Ned Randle resides in southern Illinois, just across the Mighty Mississippi River from St. Louis, a region of the country that informs his writing.
From as far back as he can remember he’s been fascinated by language, impressed by the way writers, particularly poets, string words together in rhythmic patterns to paint pictures, to set mood, to evoke memories and feelings. Consequently, he began writing poetry while still in high school. His poetry has appeared in numerous literary journals and reviews including Lummox, Poydras Review, West Texas Literary Review and The American Journal of Poetry. His chapbook Prairie Shoutings and Other Poems was published by the Spoon River Poetry Press, Btradley University, and Coffeetown Press, Seattle, published his full-length collection Running at Night: Collected Poems in 2013.
In the 1980s, after reading Larry McMurtry’s Pulitzer Prize winning novel Lonesome Dove, Randle was moved to try his hand at writing fiction. He wrote at least two manuscripts which were buried in an old desk drawer until later resurrected. He was motivated by the idea of writing mainstream fiction that could incorporate the rhythm, language and literary devices of poetry. It wasn’t until he read Charles Frazier’s novel Cold Mountain that he recognized it could be done and since then he’s been focusing on writing fiction. His fiction is imbued with lyrical language and pacing influenced by his work has a poet. His short stories have appeared in literary publications such as The Examined Life Journal, Soundings Review,
Red Earth Review, and Prism Review. His debut novel Baxter’s Friends, one of his revivified manuscripts,was released in 2013 by Coffeetown Press to very good reviews. Another, disinterred book, Cemetery Road, is tentatively scheduled for release in May 2019 by Cervena Barva Press.
They say you can tell a man by the company he keeps. In addition to the authors mentioned above, others he’s spent instructive time with are Hubert Selby, Jr., Tom Robbins, Robertson Davies, and the Russians- Tolstoy and Dostoyevsky. He’s also long been fascinated by the Lost Generation of writers living in Paris after World War One, including Hemingway, Fitzgerald, T.S Eliot, and later years, Henry Miller. But not so much their works, as their lives as lived in Paris.
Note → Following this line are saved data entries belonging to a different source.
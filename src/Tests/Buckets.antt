-- ===== src/Tests/Buckets.antt =====
-- Buckets of two tenants at the local backend, and what the service shows them.
use pyupload_x.Base.{◌≡◌, refl, [], ◌∷◌, Text, codes, text_eq, contains_text}
use pyupload_x.Errors.{ok, err, bucket_already_exists, bucket_not_found, invalid_bucket_name}
use pyupload_x.Storage.{Bytes}
use pyupload_x.Storage.FileSystem.{Disk}
use pyupload_x.Storage.Local.{local_storage}
use pyupload_x.Storage.Local.Paths.{LocalStorageConfig}
use pyupload_x.Storage.Local.Keys.{IsResolved}
use pyupload_x.Storage.Local.Buckets.Kept.{local_storage-BucketLaws}
use pyupload_x.Request.{World, Identity, App, route}
use pyupload_x.Db.Uploads.{Dialect}
use pyupload_x.Buckets.{is_bucket_allowed}
use pyupload_x.Buckets.Names.{validate_name}
use pyupload_x.Buckets.Service.{create_bucket, delete_bucket, list_buckets_for_tenant}
use pyupload_x.Buckets.Listing.{IsAscending, list_buckets-allowed}
use pyupload_x.Buckets.Owned.{done, creating, deleting, IsOwned, Run-IsOwned}
use pyupload_x.Uploads.Sound.Runs.{empty_db}
use pyupload_x.Tests.Samples.{settings, who}

abbrev config : LocalStorageConfig
config = record { root_path = codes "o" ∷ []; multipart_path = codes "m" ∷ [] }

abbrev digest : Bytes → Text
digest b = b

abbrev at_local : App Disk
at_local = record {
  storage = local_storage config digest;
  settings = settings;
  dialect = Dialect.postgresql;
  nfc = λ s. s;
}

abbrev other : Identity
other = record { tenant_id = codes "u"; principal_id = codes "q" }

abbrev opened : World Disk
opened = record { db = empty_db; store = record { nodes = []; faults = [] }; now = 1 }

-- one tenant has made a bucket
abbrev made : World Disk
made = (route (create_bucket at_local who (codes " docs")) opened).1

name_refused : validate_name (codes "a..b") ≡ err invalid_bucket_name
unfolding validate_name
name_refused = refl

made_once : (create_bucket at_local who (codes " docs") opened).0 ≡ ok (codes "docs")
unfolding create_bucket local_storage
made_once = refl

taken : (create_bucket at_local other (codes "docs") made).0 ≡ err bucket_already_exists
unfolding create_bucket local_storage
taken = refl

not_theirs : (delete_bucket at_local other (codes "docs") made).0 ≡ err bucket_not_found
unfolding create_bucket delete_bucket local_storage
not_theirs = refl

shown : list_buckets_for_tenant settings made.db (codes "t") ≡ codes "b" ∷ codes "docs" ∷ []
unfolding create_bucket local_storage list_buckets_for_tenant
shown = refl

list_buckets-allowed_example :
    IsAscending (list_buckets_for_tenant settings made.db (codes "t"))
    × (contains_text (codes "docs") (list_buckets_for_tenant settings made.db (codes "t"))
        ≡ is_bucket_allowed settings made.db (codes "t") (codes "docs"))
list_buckets-allowed_example = list_buckets-allowed settings made.db (codes "t") (codes "docs")

abbrev after_all : World Disk
after_all =
    (route (delete_bucket at_local who (codes "docs"))
      (route (create_bucket at_local other (codes "docs")) made).1).1

root-IsResolved : IsResolved config.root_path
unfolding text_eq
root-IsResolved = (refl, tt)

Run-IsOwned_example : IsOwned at_local after_all
Run-IsOwned_example =
    Run-IsOwned at_local (local_storage-BucketLaws config digest root-IsResolved) tt (
      creating who (codes " docs")
        (creating other (codes "docs") (deleting who (codes "docs") done)))
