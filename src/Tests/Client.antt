-- ===== src/Tests/Client.antt =====
-- The client library on small inputs: retries and a parallel download.
use pyupload_x.Base.{
  ℕ, ◌+◌, ◌≡◌, refl, true, some, List, [], ◌∷◌, arith, ltb, if◌then◌else◌, ◌/◌, ◌*◌, none,
}
use pyupload_x.Ranges.Number.{decimal, decimal_onto}
use pyupload_x.Sdk.Retry.{
  second, Outcome, returned, client_error, connection_error, Ended, is_retryable, exponential_delay,
  retry, retryable_status_codes, complete_request,
}
use pyupload_x.Sdk.Retry.Attempts.{IsEnd, AreBackoffs, retry-IsEnd}
use pyupload_x.Sdk.Retry.Nested.{complete_request-fails}
use pyupload_x.Sdk.Download.{Span, spans, write_spans, zeroed}
use pyupload_x.Sdk.Download.Parallel.{IsShort, write_spans-content}

-- a call that fails twice and then returns
abbrev flaky : ℕ → Outcome ℕ × ℕ
flaky n = (
  if ltb n 1 then client_error (some 503) else if ltb n 2 then connection_error else returned n,
  n + 1,
)

-- a draw of half the interval
abbrev half : ℕ → ℕ → ℕ
half s b = b / 2

retry-IsEnd_example :
    (e : Ended ℕ ℕ) × (again : ℕ) × (retry half flaky 5 second (30 * second) (some []) 0 ≡ some e)
    × IsEnd half flaky 5 second (30 * second) retryable_status_codes 0 0 e again
    × AreBackoffs second (30 * second) 1 e.delays
retry-IsEnd_example = retry-IsEnd half flaky 5 second (30 * second) (some []) 0 (λ s b. omega arith)

flaky_returns :
    retry half flaky 5 second (30 * second) none 0
    ≡ some (record { outcome = returned 2; state = 3; delays = 2500000 ∷ 4500000 ∷ [] })
unfolding retry is_retryable exponential_delay
flaky_returns = refl

-- a server that counts its requests and is never available
abbrev unavailable : ℕ → ℕ × ℕ
unavailable n = (503, n + 1)

complete_request-fails_example :
    (is_retryable retryable_status_codes (complete_request half unavailable 0).0 ≡ true)
    × ((complete_request half unavailable 0).1 ≡ 25)
complete_request-fails_example = complete_request-fails half unavailable (λ s. refl) 0

abbrev content : List ℕ
content = 7 ∷ 8 ∷ 9 ∷ 10 ∷ 11 ∷ []

-- the second worker is the first to write
abbrev order : List Span
order = (2, 4) ∷ (0, 1) ∷ []

planned : spans 5 2 ≡ (0, 1) ∷ (2, 4) ∷ []
unfolding spans
planned = refl

short : IsShort 5
unfolding decimal decimal_onto
short n h = ground arith

write_spans-content_example : write_spans content order (zeroed 5) ≡ some content
write_spans-content_example =
    write_spans-content content 2 order (omega arith) (omega arith) short
      (rw planned (refl, (refl, tt))) (rw planned (refl, (refl, tt)))
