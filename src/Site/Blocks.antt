-- ===== src/Site/Blocks.antt =====
-- `langOf` and `enhanceCode` of site/manual.js: the code blocks of a page and their copy buttons.
use Prim.Native.Char.{code}
use Prim.Native.String.{String}
use text.Mathlib.Text.{◌==◌ as str_eq}
use text.Mathlib.TextEquality.{eq_iff}
use wiregrid.Base.{
  ◌≢◌, ne_of_test, ◌&&◌, ap, Bool, true, false, ◌||◌, ◌==◌, ◌≡◌, refl, Option, none, some, List, [],
  ◌∷◌, arith, if◌then◌else◌, All, Bool-cases, inl, inr,
}
use wiregrid.Base.Units.{Units, between}
use wiregrid.Site.Keywords.{words}
use wiregrid.Site.Highlight.{highlight}
use wiregrid.Site.Highlight.Html.{read, in_text, shown, flat_spans}
use wiregrid.Site.Highlight.Shown.{highlight-shown}

-- What follows a prefix.
unfoldable pub strip : String → String → Option String
strip String.[] s = some s
strip (String.◌∷◌ c token) String.[] = none
strip (String.◌∷◌ c token) (String.◌∷◌ d s) = if code c == code d then strip token s else none

-- `[a-z0-9]+`, as long as it goes.
unfoldable pub lang_run : String → String
lang_run String.[] = ""
lang_run (String.◌∷◌ c s) =
    if between b'a' b'z' (code c) || between b'0' b'9' (code c)
    then String.◌∷◌ c (lang_run s)
    else ""

-- The language that follows at this place, if there is one.
unfoldable pub lang_here : String → Option String
unfolding strip lang_run
lang_here s = elim (strip "language-" s) [
  | none ↦ none
  | some rest ↦ if str_eq (lang_run rest) "" then none else some (lang_run rest)
]

-- The first match of `/language-([a-z0-9]+)/`.
unfoldable pub lang_of : String → String
unfolding lang_here
lang_of String.[] = ""
lang_of (String.◌∷◌ c s) =
    let rest = lang_of s in elim (lang_here (String.◌∷◌ c s)) [ none ↦ rest | some lang ↦ lang ]

-- `textContent.replace(/\n$/, "")`.
unfoldable pub without_newline : Units → Units
without_newline [] = []
without_newline (c ∷ []) = if c == 10 then [] else c ∷ []
without_newline (c ∷ d ∷ s) = c ∷ without_newline (d ∷ s)

-- A code element: its class, its text, and whether its block was wrapped before.
pub record Code : Type 0 where
  pub class_name : String
  pub content : Units
  pub wrapped : Bool

-- What is done to it: the HTML that is written, if any, and the text of the copy button.
pub data Enhanced : Type 0 where
  skipped : Enhanced
  wrapped : Option Units → Units → Enhanced

-- `none` is an exception of `highlight`.
unfoldable pub enhance : Code → Option Enhanced
unfolding lang_of without_newline highlight
enhance c =
    if c.wrapped
    then some skipped
    else let raw = without_newline c.content in
      if str_eq (lang_of c.class_name) ""
      then some (wrapped none raw)
      else elim (highlight raw (lang_of c.class_name)) [
        | none ↦ none
        | some html ↦ some (wrapped (some html) raw)
      ]

unfoldable pub enhance_all : List Code → Option (List Enhanced)
unfolding enhance
enhance_all [] = some []
enhance_all (c ∷ l) = elim (enhance c) [
  | none ↦ none
  | some e ↦ elim (enhance_all l) [ none ↦ none | some done ↦ some (e ∷ done) ]
]

-- What the button copies, and what the HTML shows where it was written, are the text of the element
-- without the last newline; HTML is written exactly if the element has a language.
abbrev pub Faithful : Code → Enhanced → Type 0
Faithful c skipped = c.wrapped ≡ true
Faithful c (wrapped none copied) =
    (c.wrapped ≡ false) × (copied ≡ without_newline c.content) × (lang_of c.class_name ≡ "")
Faithful c (wrapped (some html) copied) =
    (c.wrapped ≡ false)
    × (copied ≡ without_newline c.content)
    × (lang_of c.class_name ≢ "")
    × (shown (read in_text html) ≡ copied)
    × (flat_spans false (read in_text html) ≡ true)

abbrev pub AllFaithful : List Code → List Enhanced → Type 0
AllFaithful [] [] = Unit {0}
AllFaithful (c ∷ l) (e ∷ done) = Faithful c e × AllFaithful l done
AllFaithful _ _ = ⊥

-- The language of a code element has no inherited name.
abbrev pub Safe : Code → Type 0
Safe c = (kw : List Units) × (words (lang_of c.class_name) ≡ some kw)

enhance-Faithful : (c : Code) → Safe c → (e : Enhanced) × (enhance c ≡ some e) × Faithful c e
unfolding enhance
enhance-Faithful c (kw, safe) = elim (Bool-cases c.wrapped) [
  | inl w ↦ (skipped, ground (arith, w), w)
  | inr w ↦
      let raw = without_newline c.content in
      elim (Bool-cases (str_eq (lang_of c.class_name) "")) [
        | inl e ↦ (wrapped none raw, ground (arith, w, e), (w, refl, (eq_iff _ _).0 e))
        | inr e ↦
            let (html, f, seen, flat) = highlight-shown raw (lang_of c.class_name) safe in
            (
              wrapped (some html) raw,
              ground (arith, w, e, f),
              (w, refl, ne_of_test _ _ e, seen, flat),
            )
      ]
]

-- All characters are lower case letters or digits.
abbrev pub is_run : String → Bool
is_run String.[] = true
is_run (String.◌∷◌ c s) = (between b'a' b'z' (code c) || between b'0' b'9' (code c)) && is_run s

abbrev pub language_class : String → String
language_class name = String.◌∷◌ "l" (
    String.◌∷◌ "a" (
      String.◌∷◌ "n" (
        String.◌∷◌ "g" (
          String.◌∷◌ "u"
            (String.◌∷◌ "a" (String.◌∷◌ "g" (String.◌∷◌ "e" (String.◌∷◌ "-" name))))))))

lang_run_whole : (name : String) → is_run name ≡ true → lang_run name ≡ name
unfolding lang_run
lang_run_whole String.[] h = refl
lang_run_whole (String.◌∷◌ c s) h =
    let rest : is_run s ≡ true = ground (arith, h) in
    let here : (between b'a' b'z' (code c) || between b'0' b'9' (code c)) ≡ true =
      ground (arith, h) in
    rw here (ap (String.◌∷◌ c) (lang_run_whole s rest))

lang_of_class :
    (name : String) → is_run name ≡ true → name ≢ "" → lang_of (language_class name) ≡ name
unfolding lang_of lang_here strip
lang_of_class name h n = elim (Bool-cases (str_eq name "")) [
  | inl e ↦ absurd (n ((eq_iff _ _).0 e))
  | inr e ↦ rw (lang_of, lang_here, lang_run_whole name h, e) refl
]

all_enhanced :
    (l : List Code)
    → All Safe l
    → (done : List Enhanced) × (enhance_all l ≡ some done) × AllFaithful l done
unfolding enhance_all
all_enhanced [] h = ([], refl, tt)
all_enhanced (c ∷ l) h =
    let (e, f, good) = enhance-Faithful c h.0 in
    let (done, g, rest) = all_enhanced l h.1 in
    (e ∷ done, rw (enhance_all, f, g) refl, (good, rest))

-- If the languages of the code elements of a page have no inherited names, `enhanceCode` goes through
-- all of them: the button of an element that was not wrapped before copies its text without the last
-- newline, and exactly where the element has a language, HTML is written to it, which shows that text
-- in flat spans of the five classes. The class `language-` with lower case letters and digits names
-- the language.
pub enhance_all-Faithful :
    (l : List Code)
    → All Safe l
    → (done : List Enhanced) × (enhance_all l ≡ some done)
      × AllFaithful l done
      × ((name : String) → is_run name ≡ true → name ≢ "" → lang_of (language_class name) ≡ name)
enhance_all-Faithful l h = let (done, e, good) = all_enhanced l h in (done, e, good, lang_of_class)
Randle is not classically trained as a writer, although he’s studied writing at Washington University in St. Louis, Webster University and Southwestern Illinois College. He received a BS in Pharmacy and worked as a registered pharmacist for a number of years. In his late thirties he returned to school and received a law degree from St. Louis University School of Law and practiced intellectual property (patent, trademark and copyright) law for over twenty years. The writing would not wait, however and he’s devoted the last few years to writing.
Regal House Publishing will be publishing Ned Randle’s work of fiction, St. Michael Poker & Drinking Club, in the spring of 2020.